▶ **Try it**
Take the line with "-- order rate" and the rest of the lines after it, to the end of the entries, and restate them exactly.
^^^^^^^^
-- ===== src/Task/Table.antt =====
-- The table of the tasks of kernel/task.c with the globals beside it, and the lock of kernel/sync.c.
use rotary_os.Base.{
  ℕ, zero, suc, ◌-◌, ◌^◌, Bool, true, false, Option, none, some, ltb, leb, ◌||◌, if◌then◌else◌,
  update,
}
use rotary_os.Heap.{Heap}
use rotary_os.Pmm.{Pmm}

abbrev pub state_empty : ℕ
state_empty = 0

abbrev pub state_running : ℕ
state_running = 1

abbrev pub state_waiting : ℕ
state_waiting = 2

abbrev pub state_paused : ℕ
state_paused = 4

abbrev pub state_killed : ℕ
state_killed = 5

abbrev pub task_max : ℕ
task_max = 8

abbrev pub task_kernel : ℕ
task_kernel = 0

abbrev pub task_usermode : ℕ
task_usermode = 1

abbrev pub task_stack_size : ℕ
task_stack_size = 8192

-- `KMALLOC_FAIL`, -1 converted to `uint32`
abbrev pub kmalloc_fail : ℕ
kmalloc_fail = 2 ^ 32 - 1

-- The name is the array of its 16 bytes.
pub record Task : Type 0 where
  pub id : ℕ
  pub kernel_esp : ℕ
  pub kernel_ebp : ℕ
  pub stack_frame : ℕ
  pub cr3 : ℕ
  pub state : ℕ
  pub ticks : ℕ
  pub name : ℕ → ℕ

abbrev pub zero_task : Task
zero_task = record {
  id = 0;
  kernel_esp = 0;
  kernel_ebp = 0;
  stack_frame = 0;
  cr3 = 0;
  state = 0;
  ticks = 0;
  name = λ i. 0;
}

-- The globals. `tasks` gives the task at each index, `current_task` is an index. The array has
-- `TASK_MAX` tasks; what stands behind it in memory is read as a further task. `overrun` is not a variable of the
-- program: it holds once a task behind the array was written, from when on the other globals are no longer what
-- the model says.
pub record System : Type 0 where
  pub tasks : ℕ → Task
  pub current_task : ℕ
  pub last_task_id : ℕ
  pub scheduler_ready : Bool
  pub task_lock : Bool
  pub heap : Heap
  pub pmm : Pmm
  pub vmm_kernel_pd : ℕ
  pub leaf1_edx : ℕ
  pub overrun : Bool

abbrev pub set_task : System → ℕ → Task → System
set_task s i t = record s { tasks = update s.tasks i t; overrun = s.overrun || leb task_max i }

abbrev pub state_of : System → ℕ → ℕ
state_of s i = (s.tasks i).state

abbrev pub set_state : System → ℕ → ℕ → System
set_state s i v = set_task s i (record (s.tasks i) { state = v })

-- `lock`: `atomic_flag_test_and_set_explicit` returns the old flag and sets it. `none` when the
-- rounds end, which they do if nobody else clears the flag.
unfoldable pub lock : (fuel : ℕ) → Bool → Option Bool
lock zero flag = none
lock (suc k) flag = elim flag [ true ↦ lock k true | false ↦ some true ]

unfoldable pub unlock : Bool → Bool
unlock flag = false

-- The first `n` bytes of the source, whatever they are.
unfoldable pub strncpy : (ℕ → ℕ) → (ℕ → ℕ) → ℕ → ℕ → ℕ
strncpy dest src n i = if ltb i n then src i else dest i
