-- ===== src/Task.antt =====
-- The operations on tasks and the scheduler of kernel/task.c. A stack comes from
-- the kernel heap, a page directory from the physical memory manager.
pub mod Table
pub mod Kill
pub mod Next
pub mod Running
pub mod Create
pub mod Inside
pub mod Reach
pub mod Ends
pub mod Print
mod Tests
use rotary_os.Base.{
  ℕ, zero, suc, ◌+◌, Bool, true, false, not, ◌&&◌, ◌||◌, Option, none, some, ltb, leb, ◌==◌,
  if◌then◌else◌, add32, sub32, update,
}
use rotary_os.Heap.{Mem, memset_zero, kmalloc, kfree}
use rotary_os.Pmm.{alloc_frame}
use rotary_os.Paging.{phy_to_vir, vir_to_phy, paging_init_directory, vmm_map_kernel}
pub use rotary_os.Task.Table.{
  state_empty, state_running, state_waiting, state_paused, state_killed, task_max, task_kernel,
  task_usermode, task_stack_size, kmalloc_fail, Task, zero_task, System, set_task, state_of,
  set_state,
}
unfoldable pub use rotary_os.Task.Table.{lock, unlock, strncpy}

unfoldable pub task_init : System → (ℕ → ℕ) → System
task_init s kernel_idle = record s {
  tasks = update s.tasks 0 (record (s.tasks 0) {
    state = state_running;
    name = strncpy (s.tasks 0).name kernel_idle 16;
  });
  current_task = 0;
  scheduler_ready = true;
}

pub task_kill : System → ℕ → ℕ × System
task_kill s task_id =
    if ltb task_max task_id
    then (0, s)
    else if task_id == 0
    then (0, s)
    else if state_of s task_id == state_empty
    then (0, s)
    else if not (state_of s task_id == state_running)
        && (not (state_of s task_id == state_waiting) && not (state_of s task_id == state_paused))
    then (0, s)
    else (1, set_state s task_id state_killed)

-- The writes of `task_purge` to the task once its state is reset; `kfree` stands between the two.
abbrev pub reset_task : Task → Task
reset_task t = record t { kernel_esp = 0; kernel_ebp = 0; stack_frame = 0; cr3 = 0; ticks = 0 }

-- `none` when the walk of `kfree` outlasts the fuel.
pub task_purge : (fuel : ℕ) → System → ℕ → Option (ℕ × System)
task_purge fuel s task_id =
    if ltb task_max task_id
    then some (0, s)
    else if task_id == 0
    then some (0, s)
    else if not (state_of s task_id == state_killed)
    then some (0, s)
    else (let s₁ = set_state s task_id state_empty in
        elim (kfree fuel s.heap (s.tasks task_id).stack_frame) [
          | none ↦ none
          | some (r, h) ↦
              some (1, set_task (record s₁ { heap = h }) task_id (reset_task (s₁.tasks task_id)))
        ])

pub task_exit_current : (fuel : ℕ) → System → Option System
task_exit_current fuel s = elim (lock fuel s.task_lock) [
  | none ↦ none
  | some held ↦ some (record (set_state s s.current_task state_killed) { task_lock = unlock held })
]

-- The loop of `task_schedule` that purges killed tasks: `rounds` tasks from `i` on.
pub purge_all : (rounds fuel : ℕ) → System → ℕ → Option System
purge_all zero fuel s i = some s
purge_all (suc n) fuel s i = elim (state_of s i == state_killed) [
  | false ↦ purge_all n fuel s (i + 1)
  | true ↦ elim (task_purge fuel s i) [ none ↦ none | some (r, s') ↦ purge_all n fuel s' (i + 1) ]
]

abbrev pub is_skipped : ℕ → Bool
is_skipped state = (state == state_empty) || ((state == state_paused) || (state == state_killed))

-- The search for the next task; `none` when the fuel ends.
pub next_task : (fuel : ℕ) → (ℕ → Task) → ℕ → Option ℕ
next_task zero tasks next_task_id = none
next_task (suc k) tasks next_task_id =
    let bumped = add32 next_task_id 1 in
    let rest = next_task k tasks (if bumped == 9 then 0 else bumped) in
    if is_skipped (tasks next_task_id).state then rest else some next_task_id

-- The previous task waits, if it was running.
abbrev pub pause_current : System → System
pause_current s =
    if state_of s s.current_task == state_running
    then set_state s s.current_task state_waiting
    else s

-- The states after a switch to the task `next`.
pub switch_to : System → ℕ → System
switch_to s next = record (set_state (pause_current s) next state_running) { current_task = next }

abbrev pub count_tick : System → System
count_tick s =
    set_task s s.current_task
      (record (s.tasks s.current_task) { ticks = add32 (s.tasks s.current_task).ticks 1 })

-- `task_schedule` up to the call of `task_switch`, which swaps the stacks.
pub task_schedule : (fuel : ℕ) → System → Option System
task_schedule fuel s =
    if not s.scheduler_ready then some s else elim (purge_all task_max fuel (count_tick s) 0) [
      | none ↦ none
      | some s₁ ↦
          let first = add32 (s₁.tasks s₁.current_task).id 1 in
          elim (next_task fuel s₁.tasks (if first == 256 then 0 else first)) [
            | none ↦ none
            | some next ↦ some (switch_to s₁ next)
          ]
    ]

-- What `task_create` returns: `(void*)1`, `(void*)0` or the address of the task at an index.
pub data Created : Type 0 where
  invalid_state : Created
  no_stack : Created
  created : ℕ → Created

-- The two frames on a new kernel stack: the registers for `isr_exit`, below them those for
-- `task_switch`.
pub new_stack : Mem → (esp start_addr isr_exit : ℕ) → Mem
new_stack m esp start_addr isr_exit =
    let registers = sub32 esp 52 in
    let m₁ = memset_zero m registers 52 in
    let m₂ = update m₁ (add32 registers 48) 0x200 in
    let m₃ = update m₂ (add32 registers 40) start_addr in
    let m₄ = update m₃ (add32 registers 44) 8 in
    let context = sub32 registers 20 in
    let m₅ = memset_zero m₄ context 20 in update m₅ (add32 context 16) isr_exit

-- The page directory of a task: the kernel's, or a new frame with the kernel mapped.
unfoldable pub task_directory : System → (type : ℕ) → ℕ × System
task_directory s type =
    if type == task_kernel
    then (vir_to_phy s.vmm_kernel_pd, s)
    else (let frame = (alloc_frame s.pmm).0 in
        let page_directory = phy_to_vir frame in
        let m₁ = (paging_init_directory s.heap.mem page_directory).1 in
        let m₂ = (vmm_map_kernel s.leaf1_edx m₁ page_directory).1 in
        (
          vir_to_phy page_directory,
          record s { pmm = (alloc_frame s.pmm).1; heap = record (s.heap) { mem = m₂ } },
        ))

-- The part of `task_create` behind the allocation of the stack.
unfoldable pub set_up_task :
    System → (task_id type kernel_stack start_addr isr_exit state : ℕ) → System
set_up_task s task_id type kernel_stack start_addr isr_exit state =
    let top = add32 kernel_stack task_stack_size in
    let (cr3, s₁) = task_directory s type in
    record s₁ {
      tasks = update s₁.tasks task_id (record (s₁.tasks task_id) {
        stack_frame = kernel_stack;
        kernel_esp = sub32 (sub32 top 52) 20;
        kernel_ebp = top;
        cr3 = cr3;
        state = state;
      });
      heap = record (s₁.heap) { mem = new_stack s₁.heap.mem top start_addr isr_exit };
      overrun = s₁.overrun || leb task_max task_id;
      last_task_id = add32 s₁.last_task_id 1;
      task_lock = unlock s₁.task_lock;
    }

-- `name` is the source array of the name, `isr_exit` the address of that routine. `none` when a
-- wait or a walk outlasts the fuel.
pub task_create :
    (fuel : ℕ)
    → System
    → (name : ℕ → ℕ) → (type start_addr isr_exit state : ℕ) → Option (Created × System)
task_create fuel s name type start_addr isr_exit state =
    if not (state == state_paused) && not (state == state_waiting)
    then some (invalid_state, s)
    else elim (lock fuel s.task_lock) [
      | none ↦ none
      | some held ↦
          let task_id = s.last_task_id in
          let s₁ = record s {
            task_lock = held;
            overrun = s.overrun || leb task_max task_id;
            tasks =
                update s.tasks task_id
                  (record zero_task { id = task_id; name = strncpy (λ i. 0) name 16 });
          } in
          elim (kmalloc fuel s₁.heap task_stack_size) [
            | none ↦ none
            | some (kernel_stack, h) ↦
                let s₂ = record s₁ { heap = h } in
                if kernel_stack == kmalloc_fail
                then some (no_stack, s₂)
                else some (
                  created task_id,
                  set_up_task s₂ task_id type kernel_stack start_addr isr_exit state,
                )
          ]
    ]
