-- ===== src/Worker/Assert/Tiers.antt =====
-- Which verdict a response gets (worker.rs, `InlineAssert::classify`).
use mathlib.Core.Bool.{false≢true}
use mathlib.Core.List.{Memᴰ}
use mathlib.Core.Option.{some-injective}
use correctness_bench.Common.{
  ℕ, ◌≤◌, ◌<◌, ◌≡◌, ◌≢◌, ◌↔◌, ◌++◌, inl, inr, refl, ap, Bool, true, false, Option, none, some, List,
  [], ◌∷◌, Bytes, arith, any, ◌==◌, Bool-cases, ltb, starts_with, strip_prefix, strip_prefix_inv,
  strip_prefix-append, Option-cases,
}
use correctness_bench.Worker.Assert.{
  Verdict, pass, fail_status, fail_latency, fail_size, fail_content_type, rate_limited,
  InlineAssert, classify, status_ok, type_ok, trips,
}

-- An accepted status: one of the list, or any 2xx where the list is empty.
abbrev pub IsExpected : List ℕ → ℕ → Type 0
IsExpected [] status = (200 ≤ status) × (status < 300)
IsExpected (s ∷ ss) status = Memᴰ status (s ∷ ss)

-- A bound that is set holds.
abbrev pub Bounded : (ℕ → Type 0) → Option ℕ → Type 0
Bounded P none = Unit
Bounded P (some bound) = P bound

-- A prefix that is asked for begins the header, which is there.
abbrev pub TypeFits : Option Bytes → Option Bytes → Type 0
TypeFits none got = Unit
TypeFits (some want) got = (rest : Bytes) × (got ≡ some (want ++ rest))

module _ (a : InlineAssert) (status corrected_us content_length : ℕ) (ct : Option Bytes) where
  -- The response was no 429 and had an accepted status.
  abbrev pub Answered : Type 0
  Answered = (status ≢ 429) × IsExpected a.expected_status status

  abbrev pub Fast : Type 0
  Fast = Bounded (λ b. corrected_us ≤ b) a.max_latency_us

  abbrev pub Sized : Type 0
  Sized =
      Bounded (λ b. b ≤ content_length) a.min_body_bytes
      × Bounded (λ b. content_length ≤ b) a.max_body_bytes

  abbrev pub Typed : Type 0
  Typed = TypeFits a.content_type_lc_prefix ct

  -- What each verdict says of the response: the first tier that it fails, or that it meets them all.
  abbrev pub Explains : Verdict → Type 0
  Explains pass = Answered × Fast × Sized × Typed
  Explains fail_status = (status ≢ 429) × ¬ IsExpected a.expected_status status
  Explains fail_latency = Answered × ¬ Fast
  Explains fail_size = Answered × Fast × ¬ Sized
  Explains fail_content_type = Answered × Fast × Sized × ¬ Typed
  Explains rate_limited = status ≡ 429

any→Memᴰ : (ss : List ℕ) (status : ℕ) → any (λ s. s == status) ss ≡ true → Memᴰ status ss
any→Memᴰ [] status h = absurd (false≢true h)
any→Memᴰ (s ∷ ss) status h = elim (Bool-cases (s == status)) [
  | inl e ↦ Memᴰ.head (ground arith)
  | inr e ↦ Memᴰ.tail (any→Memᴰ ss status (rw e at h))
]

Memᴰ→any : {status : ℕ} {ss : List ℕ} → Memᴰ status ss → any (λ s. s == status) ss ≡ true
Memᴰ→any (Memᴰ.head e) = ground arith
Memᴰ→any (Memᴰ.tail m) = ground (arith, Memᴰ→any m)

status_ok_iff :
    (expected : List ℕ) (status : ℕ)
    → (status_ok expected status ≡ true) ↔ IsExpected expected status
status_ok_iff [] status = (λ h. ground arith, λ h. ground arith)
status_ok_iff (s ∷ ss) status = (any→Memᴰ (s ∷ ss) status, Memᴰ→any)

starts_with→append :
    (want got : Bytes)
    → starts_with want got ≡ true
    → (rest : Bytes) × (some got ≡ some (want ++ rest))
starts_with→append want got h = elim (Option-cases (strip_prefix want got)) [
  | inl e ↦ ground arith
  | inr (rest, e) ↦ (rest, ap some (strip_prefix_inv want got rest e))
]

type_ok_iff : (want got : Option Bytes) → (type_ok want got ≡ true) ↔ TypeFits want got
type_ok_iff none got = (λ h. tt, λ h. refl)
type_ok_iff (some want) none = (λ h. absurd (false≢true h), λ h. ground arith)
type_ok_iff (some want) (some got) = (
  starts_with→append want got,
  λ (rest, e). ground (arith, some-injective _ _ e, strip_prefix-append want rest),
)

Bounded-iff :
    (test : ℕ → Bool) (P : ℕ → Type 0) (o : Option ℕ)
    → ((b : ℕ) → (test b ≡ false) ↔ P b)
    → (trips test o ≡ false) ↔ Bounded P o
Bounded-iff test P none each = (λ h. tt, λ h. refl)
Bounded-iff test P (some b) each = each b

module _ (a : InlineAssert) (status corrected_us content_length : ℕ) (ct : Option Bytes) where
  latency_iff :
      (trips (λ b. ltb b corrected_us) a.max_latency_us ≡ false)
      ↔ Fast a status corrected_us content_length ct
  latency_iff =
      Bounded-iff (λ b. ltb b corrected_us) (λ b. corrected_us ≤ b) a.max_latency_us
        (λ b. ground arith)

  least_iff :
      (trips (λ b. ltb content_length b) a.min_body_bytes ≡ false)
      ↔ Bounded (λ b. b ≤ content_length) a.min_body_bytes
  least_iff =
      Bounded-iff (λ b. ltb content_length b) (λ b. b ≤ content_length) a.min_body_bytes
        (λ b. ground arith)

  most_iff :
      (trips (λ b. ltb b content_length) a.max_body_bytes ≡ false)
      ↔ Bounded (λ b. content_length ≤ b) a.max_body_bytes
  most_iff =
      Bounded-iff (λ b. ltb b content_length) (λ b. content_length ≤ b) a.max_body_bytes
        (λ b. ground arith)

  -- The verdict on a response is `v` exactly when `v` is what the first failing tier says, in the
  -- order rate limit, status, latency, size and content type; a response that meets them all passes.
  pub classify_iff :
      (v : Verdict)
      → (classify a status corrected_us content_length ct ≡ v)
        ↔ Explains a status corrected_us content_length ct v
  unfolding classify
  classify_iff v =
      let ok = status_ok_iff a.expected_status status in
      let fast = latency_iff in
      let least = least_iff in
      let most = most_iff in
      let typed = type_ok_iff a.content_type_lc_prefix ct in (λ h. ground arith, λ h. ground arith)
^^^^^^^^
▶ **Task output**
  -- order rate limit, status, latency, size and content type; a response that meets them all passes.
  pub classify_iff :
      (v : Verdict)
      → (classify a status corrected_us content_length ct ≡ v)
        ↔ Explains a status corrected_us content_length ct v
  unfolding classify
  classify_iff v =
      let ok = status_ok_iff a.expected_status status in
      let fast = latency_iff in
      let least = least_iff in
      let most = most_iff in
      let typed = type_ok_iff a.content_type_lc_prefix ct in (λ h. ground arith, λ h. ground arith)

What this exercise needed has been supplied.